<<<<

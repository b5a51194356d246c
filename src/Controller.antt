-- ===== src/Controller.antt =====
-- src/main.cpp: the access task and the main loop around the strike relay. The globals are a record,
-- the two parts of the access task's work on an event, before and behind the buzzer, and one pass of
-- loop() are functions on it. One pass reads
-- `millis()` several times; here it is one time `now`. Screens, beeps, log lines and the Wi-Fi
-- manager have no state that these parts read, and are left out.
pub mod Hold
pub mod Safety
pub mod Strike
pub mod Release
pub mod Contact
pub mod Race
mod Tests
use rfid_access.Base.{
  Option, none, some, ℕ, ◌+◌, Bool, true, false, not, ◌&&◌, ◌||◌, List, [], ◌∷◌, ◌++◌, ltb, ◌==◌,
  if◌then◌else◌, length, u32_mod, sub32, add32, reached,
}
use rfid_access.Door
use rfid_access.Door.{DoorContact, Inputs}

-- EventType of lib/Events/Events.h.
pub data EventType : Type 0 where
  card_tap exit_request remote_release : EventType

-- AppEvent: the credential or request id is the text of `card.uid`.
pub record AppEvent : Type 0 where
  pub type : EventType
  pub uid : List ℕ

-- The panel LED and the reader's LEDs, by the call that last set them.
pub data Light : Type 0 where
  dark red_on green_on : Light

-- The calls of eventLog.append that these tasks make.
pub data Spooled : Type 0 where
  tap : Bool → List ℕ → Spooled
  exit_button : Spooled
  remote : List ℕ → Spooled
  sched_on sched_off : Spooled
  door_forced door_held : Spooled
  door_closed : ℕ → Spooled

pub record Controller : Type 0 where
  pub relay : Bool
  pub relay_off_at : ℕ
  pub relay_hold_ms : ℕ
  pub result_hold_ms : ℕ
  pub result_until : ℕ
  pub release_until : ℕ
  pub release_armed : Bool
  pub sched_active : Bool
  pub oled_ok : Bool
  pub panel : Light
  pub reader : Light
  pub last_exit_ms : ℕ
  pub queue : List AppEvent
  pub in_hand : Option (AppEvent × Bool)
  pub contact_on : Bool
  pub door : DoorContact
  pub sync_asked : Bool
  pub last_sync_ask : ℕ
  pub sync_requests : ℕ
  pub spooled : List Spooled

abbrev pub door_release_grace_ms : ℕ
door_release_grace_ms = 2000

abbrev pub door_sync_min_gap_ms : ℕ
door_sync_min_gap_ms = 60000

abbrev pub queue_length : ℕ
queue_length = 10

-- clampRelayHold and clampResultHold.
unfoldable pub clamp_relay_hold : ℕ → ℕ
clamp_relay_hold v = if ltb v 250 then 250 else if ltb 30000 v then 30000 else v

unfoldable pub clamp_result_hold : ℕ → ℕ
clamp_result_hold v = if ltb v 500 then 500 else if ltb 30000 v then 30000 else v

-- xQueueSend with no wait: a full queue drops the event.
unfoldable pub send : List AppEvent → AppEvent → List AppEvent
send q e = if ltb (length q) queue_length then q ++ (e ∷ []) else q

abbrev spool : Controller → Spooled → Controller
spool c e = record c { spooled = e ∷ c.spooled }

-- relayGrantedNonBlocking.
unfoldable pub relay_granted : Controller → ℕ → Controller
relay_granted c now = record c {
  relay = true;
  relay_off_at = add32 now c.relay_hold_ms;
  release_until = add32 (add32 now c.relay_hold_ms) door_release_grace_ms;
  release_armed = true;
}

-- oledShowResult: with no display it returns before it sets the deadline.
unfoldable pub show_result : Controller → ℕ → Controller
show_result c now = if c.oled_ok then record c { result_until = add32 now c.result_hold_ms } else c

-- accessTask handles an event in two parts, between which it waits for the buzzer, 80 ms or more, while
-- loop() goes on. The first part; `granted` is the verdict of acProcessEvent, which has also spooled
-- the tap.
unfoldable pub signal_type : EventType → Controller → Bool → List ℕ → Controller
signal_type exit_request c granted uid = record c { reader = green_on; panel = green_on }
signal_type remote_release c granted uid = record c { reader = green_on; panel = green_on }
signal_type card_tap c granted uid = record (spool c (tap granted uid)) {
  reader = if granted then green_on else red_on;
}

unfoldable pub signal : Controller → AppEvent → Bool → Controller
unfolding signal_type
signal c e granted = signal_type e.type c granted e.uid

-- The part behind the buzzer.
unfoldable pub handle_type : EventType → Controller → ℕ → Bool → List ℕ → Controller
unfolding relay_granted show_result
handle_type exit_request c now granted uid =
    show_result (spool (relay_granted c now) exit_button) now
handle_type remote_release c now granted uid =
    show_result (spool (relay_granted c now) (remote uid)) now
handle_type card_tap c now granted uid =
    show_result
      (if granted
        then record (relay_granted c now) { panel = green_on }
        else record c { panel = red_on })
      now

unfoldable pub handle : Controller → ℕ → AppEvent → Bool → Controller
unfolding handle_type
handle c now e granted = handle_type e.type c now granted e.uid

-- The exit button's block of loop(): `pressed` is the pin reading LOW.
unfoldable pub exit_poll : Controller → ℕ → Bool → Controller
unfolding send
exit_poll c now pressed =
    if pressed && ltb 1500 (sub32 now c.last_exit_ms)
    then record c {
      last_exit_ms = now;
      queue = send c.queue (record { type = exit_request; uid = [] });
    }
    else c

-- The unlock window's block of loop(): `active` is unlockSchedule.isActiveNow().
unfoldable pub schedule_poll : Controller → ℕ → Bool → Controller
schedule_poll c now active =
    if Door.xor_bool active c.sched_active
    then (if active
        then spool
            (record c { sched_active = true; relay = true; panel = green_on; reader = green_on })
            sched_on
        else spool
            (record c {
              sched_active = false;
              relay_off_at = 0;
              release_until = add32 now door_release_grace_ms;
              release_armed = true;
              relay = false;
              panel = dark;
              reader = dark;
            })
            sched_off)
    else c

-- The relay's block of loop(). `dark` is the panel off, and the reader on its idle amber.
unfoldable pub relay_poll : Controller → ℕ → Controller
relay_poll c now =
    if not (c.relay_off_at == 0) && reached now c.relay_off_at
    then (if c.sched_active
        then record c { relay_off_at = 0 }
        else record c { relay_off_at = 0; relay = false; panel = dark; reader = dark })
    else c

-- The inputs that doorContactPoll gives the contact's state machine.
unfoldable pub door_inputs : Controller → ℕ → Bool → Inputs
door_inputs c now raw_open = record {
  raw_open = raw_open;
  released = not (c.relay_off_at == 0) || (c.release_armed && not (reached now c.release_until));
  schedule_open = c.sched_active;
}

-- cloudSync.requestSyncNow() after a forced opening, at most once a minute.
unfoldable pub ask_sync : Controller → ℕ → Controller
ask_sync c now =
    if not c.sync_asked || not (ltb (sub32 now c.last_sync_ask) door_sync_min_gap_ms)
    then record c { sync_asked = true; last_sync_ask = now; sync_requests = c.sync_requests + 1 }
    else c

-- The switch of doorContactPoll.
unfoldable pub on_door : Controller → ℕ → Door.Event → Controller
unfolding ask_sync
on_door c now Door.quiet = c
on_door c now Door.forced = ask_sync (spool c door_forced) now
on_door c now Door.held = spool c door_held
on_door c now Door.held_closed = spool c (door_closed c.door.last_open_ms)

-- doorContactPoll.
unfoldable pub door_poll : Controller → ℕ → Bool → Controller
unfolding door_inputs on_door
door_poll c now raw_open =
    let (d, e) = Door.update c.door now (door_inputs c now raw_open) in
    on_door (record c { door = d }) now e

-- The door contact's line of loop(): it is polled only where one is fitted.
unfoldable pub contact_poll : Controller → ℕ → Bool → Controller
unfolding door_poll
contact_poll c now raw_open = if c.contact_on then door_poll c now raw_open else c

-- The result screen's block of loop().
unfoldable pub result_poll : Controller → ℕ → Controller
result_poll c now =
    if not (c.result_until == 0) && reached now c.result_until
    then (if c.sched_active
        then record c { result_until = 0; panel = green_on; reader = green_on }
        else record c { result_until = 0; panel = dark; reader = dark })
    else c

-- What one pass of loop() reads from outside.
pub record Readings : Type 0 where
  pub exit_pressed : Bool
  pub window_active : Bool
  pub contact_open : Bool

-- loop(), without the reload of the contact's settings and the setup access point.
unfoldable pub tick : Controller → ℕ → Readings → Controller
unfolding exit_poll schedule_poll relay_poll contact_poll result_poll
tick c now r =
    let c1 = exit_poll c now r.exit_pressed in
    let c2 = schedule_poll c1 now r.window_active in
    let c3 = relay_poll c2 now in let c4 = contact_poll c3 now r.contact_open in result_poll c4 now

-- The steps of the two tasks: the access task takes the event at the queue's front, and comes back
-- from the buzzer; one pass of loop(); and an event that another task posts.
pub data Step : Type 0 where
  take : Bool → Step
  finish : ℕ → Step
  pass : ℕ → Readings → Step
  post : AppEvent → Step

-- A task that waits for the buzzer takes no event.
unfoldable pub take_from : Option (AppEvent × Bool) → List AppEvent → Controller → Bool → Controller
unfolding signal
take_from (some held) q c granted = c
take_from none [] c granted = c
take_from none (e ∷ es) c granted =
    signal (record c { queue = es; in_hand = some (e, granted) }) e granted

unfoldable pub finish_from : Option (AppEvent × Bool) → Controller → ℕ → Controller
unfolding handle
finish_from none c now = c
finish_from (some (e, granted)) c now = handle (record c { in_hand = none }) now e granted

unfoldable pub step : Controller → Step → Controller
unfolding take_from finish_from tick
step c (take granted) = take_from c.in_hand c.queue c granted
step c (finish now) = finish_from c.in_hand c now
step c (pass now r) = tick c now r
step c (post e) = record c { queue = send c.queue e }

unfoldable pub run : Controller → List Step → Controller
run c [] = c
run c (s ∷ ss) = run (step c s) ss

-- After setup(): the relay is driven LOW first.
unfoldable pub start : DoorContact → Bool → Bool → ℕ → ℕ → Controller
start d contact oled relay_hold result_hold = record {
  relay = false;
  relay_off_at = 0;
  relay_hold_ms = relay_hold;
  result_hold_ms = result_hold;
  result_until = 0;
  release_until = 0;
  release_armed = false;
  sched_active = false;
  oled_ok = oled;
  panel = dark;
  reader = dark;
  last_exit_ms = 0;
  queue = [];
  in_hand = none;
  contact_on = contact;
  door = d;
  sync_asked = false;
  last_sync_ask = 0;
  sync_requests = 0;
  spooled = [];
}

>>>>

From the entries above, write out only the lines starting at the line that holds "if not c.sync_asked" and ending at the line that holds "-- doorContactPoll.", keeping both and matching them exactly.

Worked solution:
    if not c.sync_asked || not (ltb (sub32 now c.last_sync_ask) door_sync_min_gap_ms)
    then record c { sync_asked = true; last_sync_ask = now; sync_requests = c.sync_requests + 1 }
    else c

-- The switch of doorContactPoll.
unfoldable pub on_door : Controller → ℕ → Door.Event → Controller
unfolding ask_sync
on_door c now Door.quiet = c
on_door c now Door.forced = ask_sync (spool c door_forced) now
on_door c now Door.held = spool c door_held
on_door c now Door.held_closed = spool c (door_closed c.door.last_open_ms)

-- doorContactPoll.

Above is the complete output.